REQUIREMENT: Extract from the entries below, exactly as given, only the lines from the line containing "(passed_on lib ls))" to the line containing "v else old)", both lines included.

DATASET RECORDS Start Marker

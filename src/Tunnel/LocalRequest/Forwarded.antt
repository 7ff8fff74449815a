-- ===== src/Tunnel/LocalRequest/Forwarded.antt =====
-- `responseHeaders`: which headers of the local app reach the visitor.
use tuzy.Shared.{
  ◌≡◌, refl, sym, ap, subst, ◌↔◌, inl, inr, Bool, true, false, List, [], ◌∷◌, ◌++◌, if◌then◌else◌,
}
use mathlib.Core.List.{Memᴰ}
use mathlib.Core.List.Memᴰ.{head, tail, append_left, append_right, append_cases}
use tuzy.Protocol.{Bytes}
use tuzy.Tunnel.CloseReason.{ascii_bytes}
use tuzy.Tunnel.LocalRequest.{HeaderLine, HttpLib}
use tuzy.Tunnel.LocalRequest.Listed.{IsEndToEnd, kept-IsEndToEnd, IsEndToEnd-kept}
use tuzy.Tunnel.LocalRequest.ResponseHeaders.{
  HeaderMap, values, listed_in, is_dropped, lines_of, forward, response_headers,
}

lines_of-Mem :
    (name : Bytes) (vs : List Bytes) (l : HeaderLine)
    → Memᴰ l (lines_of name vs)
    → (v : Bytes) × Memᴰ v vs × (l ≡ (name, v))
unfolding lines_of
lines_of-Mem name [] l m = elim m [ ]
lines_of-Mem name (v ∷ vs) l (head e) = (v, head refl, e)
lines_of-Mem name (v ∷ vs) l (tail m) = let (w, n, e) = lines_of-Mem name vs l m in (w, tail n, e)

Mem-lines_of : (name v : Bytes) (vs : List Bytes) → Memᴰ v vs → Memᴰ (name, v) (lines_of name vs)
unfolding lines_of
Mem-lines_of name v [] m = elim m [ ]
Mem-lines_of name v (w ∷ vs) (head e) = head (ap (λ v. (name, v)) e)
Mem-lines_of name v (w ∷ vs) (tail m) = tail (Mem-lines_of name v vs m)

-- The line is a value of a key of the map that is not dropped.
abbrev IsForwarded : HttpLib → List Bytes → HeaderMap → HeaderLine → Type 0
IsForwarded lib listed h (name, v) =
    (vs : List Bytes) × Memᴰ (name, vs) h × Memᴰ v vs × (is_dropped lib listed name ≡ false)

module _ (lib : HttpLib) (listed : List Bytes) where
  further :
      (k : Bytes × List Bytes) (h : HeaderMap) (l : HeaderLine)
      → IsForwarded lib listed h l
      → IsForwarded lib listed (k ∷ h) l
  further k h (name, v) (vs, m, n, d) = (vs, tail m, n, d)

  own_line :
      (name : Bytes) (vs : List Bytes) (h : HeaderMap) (l : HeaderLine)
      → is_dropped lib listed name ≡ false
      → (v : Bytes) × Memᴰ v vs × (l ≡ (name, v))
      → IsForwarded lib listed ((name, vs) ∷ h) l
  own_line name vs h l d (v, m, e) =
      subst (IsForwarded lib listed ((name, vs) ∷ h)) (sym e) (vs, head refl, m, d)

  on_map :
      (b : Bool) (name : Bytes) (vs : List Bytes) (h : HeaderMap) (l : HeaderLine)
      → is_dropped lib listed name ≡ b
      → (Memᴰ l (forward lib listed h) → IsForwarded lib listed h l)
      → Memᴰ l (if b then forward lib listed h else lines_of name vs ++ forward lib listed h)
      → IsForwarded lib listed ((name, vs) ∷ h) l
  on_map true name vs h l d step m = further (name, vs) h l (step m)
  on_map false name vs h l d step m = elim (append_cases (lines_of name vs) m) [
    | inl own ↦ own_line name vs h l d (lines_of-Mem name vs l own)
    | inr old ↦ further (name, vs) h l (step old)
  ]

  forward-IsForwarded :
      (h : HeaderMap) (l : HeaderLine) → Memᴰ l (forward lib listed h) → IsForwarded lib listed h l
  unfolding forward
  forward-IsForwarded [] l m = elim m [ ]
  forward-IsForwarded ((name, vs) ∷ h) l m =
      on_map (is_dropped lib listed name) name vs h l refl (forward-IsForwarded h l) m

  kept :
      (b : Bool) (name : Bytes) (vs : List Bytes) (h : HeaderMap) (l : HeaderLine)
      → Memᴰ l (forward lib listed h)
      → Memᴰ l (if b then forward lib listed h else lines_of name vs ++ forward lib listed h)
  kept true name vs h l m = m
  kept false name vs h l m = append_right (lines_of name vs) m

  own_kept :
      (b : Bool) (name v : Bytes) (vs : List Bytes) (h : HeaderMap)
      → b ≡ false
      → Memᴰ v vs
      → Memᴰ
          (name, v)
          (if b then forward lib listed h else lines_of name vs ++ forward lib listed h)
  own_kept true name v vs h e m = absurd (cc)
  own_kept false name v vs h e m = append_left (forward lib listed h) (Mem-lines_of name v vs m)

  Mem-forward :
      (h : HeaderMap) (name v : Bytes) (vs : List Bytes)
      → Memᴰ (name, vs) h
      → Memᴰ v vs
      → is_dropped lib listed name ≡ false
      → Memᴰ (name, v) (forward lib listed h)
  unfolding forward
  Mem-forward [] name v vs m n d = elim m [ ]
  Mem-forward ((key, ws) ∷ h) name v vs (head e) n d =
      subst (λ k. Memᴰ (k, v) (forward lib listed ((key, ws) ∷ h))) (sym (ap (λ p. p.0) e))
        (own_kept (is_dropped lib listed key) key v ws h
          (subst (λ k. is_dropped lib listed k ≡ false) (ap (λ p. p.0) e) d)
          (subst (λ ws. Memᴰ v ws) (ap (λ p. p.1) e) n))
  Mem-forward ((key, ws) ∷ h) name v vs (tail m) n d =
      kept (is_dropped lib listed key) key ws h (name, v) (Mem-forward h name v vs m n d)

-- The line is a value of a key of the response, and its name is neither one of those for one hop nor listed in
-- Connection.
abbrev pub IsRelayed : HttpLib → HeaderMap → HeaderLine → Type 0
IsRelayed lib h (name, v) =
    (vs : List Bytes) × Memᴰ (name, vs) h
    × Memᴰ v vs
    × IsEndToEnd lib (values (ascii_bytes "Connection") h) name

-- The visitor is sent a header line exactly if the local app's response has it, and its name is neither one of
-- those for one hop nor listed in Connection.
pub response_headers-IsRelayed :
    (lib : HttpLib) (h : HeaderMap) (name v : Bytes)
    → Memᴰ (name, v) (response_headers lib h) ↔ IsRelayed lib h (name, v)
unfolding response_headers
response_headers-IsRelayed lib h name v =
    let ws : List Bytes = values (ascii_bytes "Connection") h in
    (
      λ m.
          let (vs, k, n, d) = forward-IsForwarded lib (listed_in lib ws) h (name, v) m in
          (vs, k, n, kept-IsEndToEnd lib ws name d),
      λ f.
          let (vs, k, n, e) = f in
          Mem-forward lib (listed_in lib ws) h name v vs k n (IsEndToEnd-kept lib ws name e),
    )
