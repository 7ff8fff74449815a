-- ===== src/Tunnel/LocalRequest/Framing.antt =====
-- `BuildLocalRequest`: the request that the local app gets.
use tuzy.Shared.{
  ℕ, zero, suc, ◌≡◌, refl, sym, ap, subst, ◌∙◌, Bool, true, false, ◌&&◌, ◌||◌, not, Bool-cases, inl,
  inr, Option, none, some, List, [], ◌∷◌, ◌++◌, append-nil, append_assoc, same_bytes, if◌then◌else◌,
  if_both,
}
use tuzy.Protocol.{Bytes}
use tuzy.Tunnel.CloseReason.{ascii_bytes}
use tuzy.Tunnel.LocalRequest.{
  HeaderLine, Url, HttpLib, Made, trim_slashes, target_url, is_one_of, hop_by_hop, Scan, new_scan,
  or_declared, scan_line, scan, Body, streamed, no_body, Request, method_may_have_body, with_length,
  frame_body, get_line, without, user_agent, silence_agent, finish_request, request_to,
  build_local_request,
}

-- Where a request's body ends is told by its content length: nothing follows a length of 0, and a body is streamed
-- where the length is another or is unknown.
abbrev pub FramedBy : Option ℕ → Body → Type 0
FramedBy (some zero) b = b ≡ no_body
FramedBy (some (suc n)) b = b ≡ streamed
FramedBy none b = b ≡ streamed

-- What the switch on the body keeps, and what it makes of the body.
abbrev Framed : Request → Request → Type 0
Framed r r' =
    FramedBy r'.content_length r'.body
    × (r'.header ≡ r.header)
    × (r'.host ≡ r.host)
    × (r'.method ≡ r.method)
    × (r'.url ≡ r.url)

with_length-Framed : (n : ℕ) (r : Request) → r.body ≡ streamed → Framed r (with_length n r)
with_length-Framed zero r s = (refl, refl, refl, refl, refl)
with_length-Framed (suc n) r s = (s, refl, refl, refl, refl)

frame_body-Framed :
    (lib : HttpLib) (m : Bytes) (known declared : Option ℕ) (chunked : Bool) (r : Request)
    → r.body ≡ streamed
    → Framed r (frame_body lib m known declared chunked r)
unfolding frame_body
frame_body-Framed lib m (some n) declared chunked r s = with_length-Framed n r s
frame_body-Framed lib m none (some n) chunked r s = with_length-Framed n r s
frame_body-Framed lib m none none chunked r s =
    if_both (Framed r) (chunked || method_may_have_body lib m) (record r { content_length = none })
      (record r { content_length = some 0; body = no_body }) (s, refl, refl, refl, refl)
      (refl, refl, refl, refl, refl)

-- The name stands for the request itself or for one hop.
abbrev pub is_own : Bytes → Bool
is_own n =
    same_bytes n (ascii_bytes "host")
    || same_bytes n (ascii_bytes "content-length")
    || same_bytes n (ascii_bytes "transfer-encoding")
    || is_one_of n hop_by_hop

-- The visitor's headers that are meant for the local app, with canonical keys.
unfoldable pub passed_on : HttpLib → List HeaderLine → List HeaderLine
passed_on lib [] = []
passed_on lib ((name, value) ∷ ls) =
    let rest = passed_on lib ls in
    if is_own (lib.lower name) then rest else (lib.canonical name, value) ∷ rest

-- The last value of Host.
unfoldable pub last_host : HttpLib → List HeaderLine → Option Bytes
last_host lib [] = none
last_host lib ((name, value) ∷ ls) = elim (last_host lib ls) [
  | some v ↦ some v
  | none ↦ if same_bytes (lib.lower name) (ascii_bytes "host") then some value else none
]

abbrev pub or_old : Option Bytes → Bytes → Bytes
or_old none old = old
or_old (some v) old = v

line_header :
    (a b c d : Bool) (s : Scan) (value : Bytes) (declared : Option ℕ) (l : HeaderLine)
    → (if a
        then record s { visitor_host = value }
        else if b
        then record s { declared = declared }
        else if c
        then record s { chunked = true }
        else if d
        then s
        else record s { header = s.header ++ l ∷ [] }).header
      ≡ s.header ++ (if a || b || c || d then [] else l ∷ [])
line_header true b c d s value declared l = sym (append-nil s.header)
line_header false true c d s value declared l = sym (append-nil s.header)
line_header false false true d s value declared l = sym (append-nil s.header)
line_header false false false true s value declared l = sym (append-nil s.header)
line_header false false false false s value declared l = refl

line_host :
    (a b c d : Bool) (s : Scan) (value : Bytes) (declared : Option ℕ) (l : HeaderLine)
    → (if a
        then record s { visitor_host = value }
        else if b
        then record s { declared = declared }
        else if c
        then record s { chunked = true }
        else if d
        then s
        else record s { header = s.header ++ l ∷ [] }).visitor_host
      ≡ (if a then value else s.visitor_host)
line_host true b c d s value declared l = refl
line_host false true c d s value declared l = refl
line_host false false true d s value declared l = refl
line_host false false false true s value declared l = refl
line_host false false false false s value declared l = refl

kept :
    (own : Bool) (l : HeaderLine) (rest : List HeaderLine)
    → (if own then [] else l ∷ []) ++ rest ≡ (if own then rest else l ∷ rest)
kept true l rest = refl
kept false l rest = refl

module _ (lib : HttpLib) where
  scan-passed_on :
      (ls : List HeaderLine) (s : Scan) → (scan lib ls s).header ≡ s.header ++ passed_on lib ls
  unfolding scan scan_line passed_on
  scan-passed_on [] s = sym (append-nil s.header)
  scan-passed_on ((name, value) ∷ ls) s =
      let n : Bytes = lib.lower name in
      scan-passed_on ls (scan_line lib (name, value) s)
      ∙ ap (λ h. h ++ passed_on lib ls)
          (line_header (same_bytes n (ascii_bytes "host"))
            (same_bytes n (ascii_bytes "content-length"))
            (same_bytes n (ascii_bytes "transfer-encoding")) (is_one_of n hop_by_hop) s value
            (or_declared (lib.parse_int value) s.declared) (lib.canonical name, value))
      ∙ append_assoc s.header (if is_own n then [] else (lib.canonical name, value) ∷ [])
          (passed_on lib ls)
      ∙ ap (λ t. s.header ++ t) (kept (is_own n) (lib.canonical name, value) (passed_on lib ls))

  later :
      (o : Option Bytes) (b : Bool) (v old : Bytes)
      → or_old o (if b then v else old)
        ≡ or_old (elim o [ some w ↦ some w | none ↦ if b then some v else none ]) old
  later (some w) b v old = refl
  later none true v old = refl
  later none false v old = refl

  scan-last_host :
      (ls : List HeaderLine) (s : Scan)
      → (scan lib ls s).visitor_host ≡ or_old (last_host lib ls) s.visitor_host
  unfolding scan scan_line last_host
  scan-last_host [] s = refl
  scan-last_host ((name, value) ∷ ls) s =
      let n : Bytes = lib.lower name in
      scan-last_host ls (scan_line lib (name, value) s)
      ∙ ap (or_old (last_host lib ls)) (
          line_host (same_bytes n (ascii_bytes "host"))
            (same_bytes n (ascii_bytes "content-length"))
            (same_bytes n (ascii_bytes "transfer-encoding")) (is_one_of n hop_by_hop) s value
            (or_declared (lib.parse_int value) s.declared) (lib.canonical name, value))
      ∙ later (last_host lib ls) (same_bytes n (ascii_bytes "host")) value s.visitor_host

-- The header of a request: what is passed on, but no empty User-Agent.
abbrev pub sent_header : List HeaderLine → List HeaderLine
sent_header ls = if same_bytes (get_line user_agent ls) [] then without user_agent ls else ls

-- The host of a request: the visitor's last one, unless it is rewritten or empty.
abbrev pub sent_host : Bool → Bytes → Bytes → Bytes
sent_host rewrites v host = if not rewrites && not (same_bytes v []) then v else host

-- The URL that a request is made for: the place of the target, the visitor's path behind the target's, without the
-- slashes that end it, and the visitor's query.
abbrev pub IsTarget : HttpLib → Url → Bytes → Url → Type 0
IsTarget lib target uri url =
    (ref : Url) × (lib.parse_request_uri uri ≡ some ref)
    × (url.origin ≡ target.origin)
    × (url.path ≡ trim_slashes target.path ++ ref.path)
    × (url.raw_path ≡ trim_slashes (lib.escaped_path target) ++ lib.escaped_path ref)
    × (url.raw_query ≡ ref.raw_query)
    × (url.fragment ≡ [])

target_url-IsTarget :
    (lib : HttpLib) (target : Url) (uri : Bytes) (url : Url)
    → target_url lib target uri ≡ some url
    → IsTarget lib target uri url
unfolding target_url
target_url-IsTarget lib target uri url q = by_ref (lib.parse_request_uri uri) refl q
  where
    at : Url → Url
    at ref = record target {
      path = trim_slashes target.path ++ ref.path;
      raw_path = trim_slashes (lib.escaped_path target) ++ lib.escaped_path ref;
      raw_query = ref.raw_query;
      fragment = [];
    }

    some_eq : {a b : Url} → some a ≡ some b → a ≡ b
    some_eq e = cc

    by_ref :
        (o : Option Url)
        → lib.parse_request_uri uri ≡ o
        → (elim o [ none ↦ none | some ref ↦ some (at ref) ]) ≡ some url
        → IsTarget lib target uri url
    by_ref none p e = absurd (cc)
    by_ref (some ref) p e =
        let h : url ≡ at ref = sym (some_eq e) in
        (
          ref,
          p,
          ap (λ u. u.origin) h,
          ap (λ u. u.path) h,
          ap (λ u. u.raw_path) h,
          ap (λ u. u.raw_query) h,
          ap (λ u. u.fragment) h,
        )

abbrev pub IsLocal : HttpLib → Bool → List HeaderLine → Made → Request → Type 0
IsLocal lib rewrites headers made r =
    (r.method ≡ made.method)
    × (r.url ≡ made.url)
    × FramedBy r.content_length r.body
    × (r.header ≡ sent_header (passed_on lib headers))
    × (r.host ≡ sent_host rewrites (or_old (last_host lib headers) []) made.host)

silence_agent-Framed :
    (r : Request)
    → FramedBy r.content_length r.body
    → FramedBy (silence_agent r).content_length (silence_agent r).body
      × ((silence_agent r).header ≡ sent_header r.header)
      × ((silence_agent r).host ≡ r.host)
      × ((silence_agent r).method ≡ r.method)
      × ((silence_agent r).url ≡ r.url)
unfolding silence_agent
silence_agent-Framed r f = elim (Bool-cases (same_bytes (get_line user_agent r.header) [])) [
  | inl h ↦ rw h (f, refl, refl, refl, refl)
  | inr h ↦ rw h (f, refl, refl, refl, refl)
]

module _ (lib : HttpLib) (rewrites : Bool) (m : Bytes) (headers : List HeaderLine)
    (body_len : Option ℕ) where
  finish_request-IsLocal :
      (made : Made)
      → IsLocal lib rewrites headers made
          (finish_request lib rewrites m made body_len (scan lib headers new_scan))
  unfolding finish_request
  finish_request-IsLocal made =
      let s : Scan = scan lib headers new_scan in
      let r : Request = record {
        method = made.method;
        url = made.url;
        host = sent_host rewrites s.visitor_host made.host;
        header = s.header;
        silent = false;
        content_length = some 0;
        body = streamed;
      } in
      let (f, h, o, k, p) : Framed r (frame_body lib m body_len s.declared s.chunked r) =
        frame_body-Framed lib m body_len s.declared s.chunked r refl in
      let (f', h', o', k', p') =
        silence_agent-Framed (frame_body lib m body_len s.declared s.chunked r) f in
      (
        k' ∙ k,
        p' ∙ p,
        f',
        h' ∙ ap sent_header (h ∙ scan-passed_on lib headers new_scan),
        o' ∙ o ∙ ap (λ v. sent_host rewrites v made.host) (scan-last_host lib headers new_scan),
      )

  abbrev pub Builds : Url → Bytes → Request → Type 0
  Builds target uri r =
      (url : Url) × (made : Made) × IsTarget lib target uri url
      × (lib.new_request m url ≡ some made)
      × IsLocal lib rewrites headers made r

  request_to-IsLocal :
      (o : Option Made) (r : Request)
      → request_to lib rewrites m headers body_len o ≡ some r
      → (made : Made) × (o ≡ some made) × IsLocal lib rewrites headers made r
  unfolding request_to
  request_to-IsLocal none r e = absurd (cc)
  request_to-IsLocal (some made) r e = (
    made,
    refl,
    subst (IsLocal lib rewrites headers made) (some_eq e) (finish_request-IsLocal made),
  )
    where
      some_eq : {a b : Request} → some a ≡ some b → a ≡ b
      some_eq e = cc

  built :
      (target : Url) (uri : Bytes) (o : Option Url) (r : Request)
      → target_url lib target uri ≡ o
      → (elim o [
        | none ↦ none
        | some url ↦ request_to lib rewrites m headers body_len (lib.new_request m url)
      ])
        ≡ some r
      → Builds target uri r
  built target uri none r t e = absurd (cc)
  built target uri (some url) r t e =
      let (made, n, l) = request_to-IsLocal (lib.new_request m url) r e in
      (url, made, target_url-IsTarget lib target uri url t, n, l)

  -- A request that is built has the method and the URL that `http.NewRequestWithContext` makes of the visitor's
  -- method and of this URL: the target's place, the visitor's path behind the target's, and the visitor's query.
  -- Of the visitor's headers it carries, in order and with canonical keys, all but Host, Content-Length,
  -- Transfer-Encoding and those of one hop, and no empty User-Agent; its host is the last one that the visitor
  -- named, unless the host is rewritten or none is named; and it has no body exactly if its length is 0.
  pub build_local_request-IsLocal :
      (target : Url) (uri : Bytes) (r : Request)
      → build_local_request lib target rewrites m uri headers body_len ≡ some r
      → Builds target uri r
  unfolding build_local_request
  build_local_request-IsLocal target uri r e = built target uri (target_url lib target uri) r refl e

DATASET RECORDS End Marker

EXERCISE ANSWER:
      ∙ ap (λ t. s.header ++ t) (kept (is_own n) (lib.canonical name, value) (passed_on lib ls))

  later :
      (o : Option Bytes) (b : Bool) (v old : Bytes)
      → or_old o (if b then v else old)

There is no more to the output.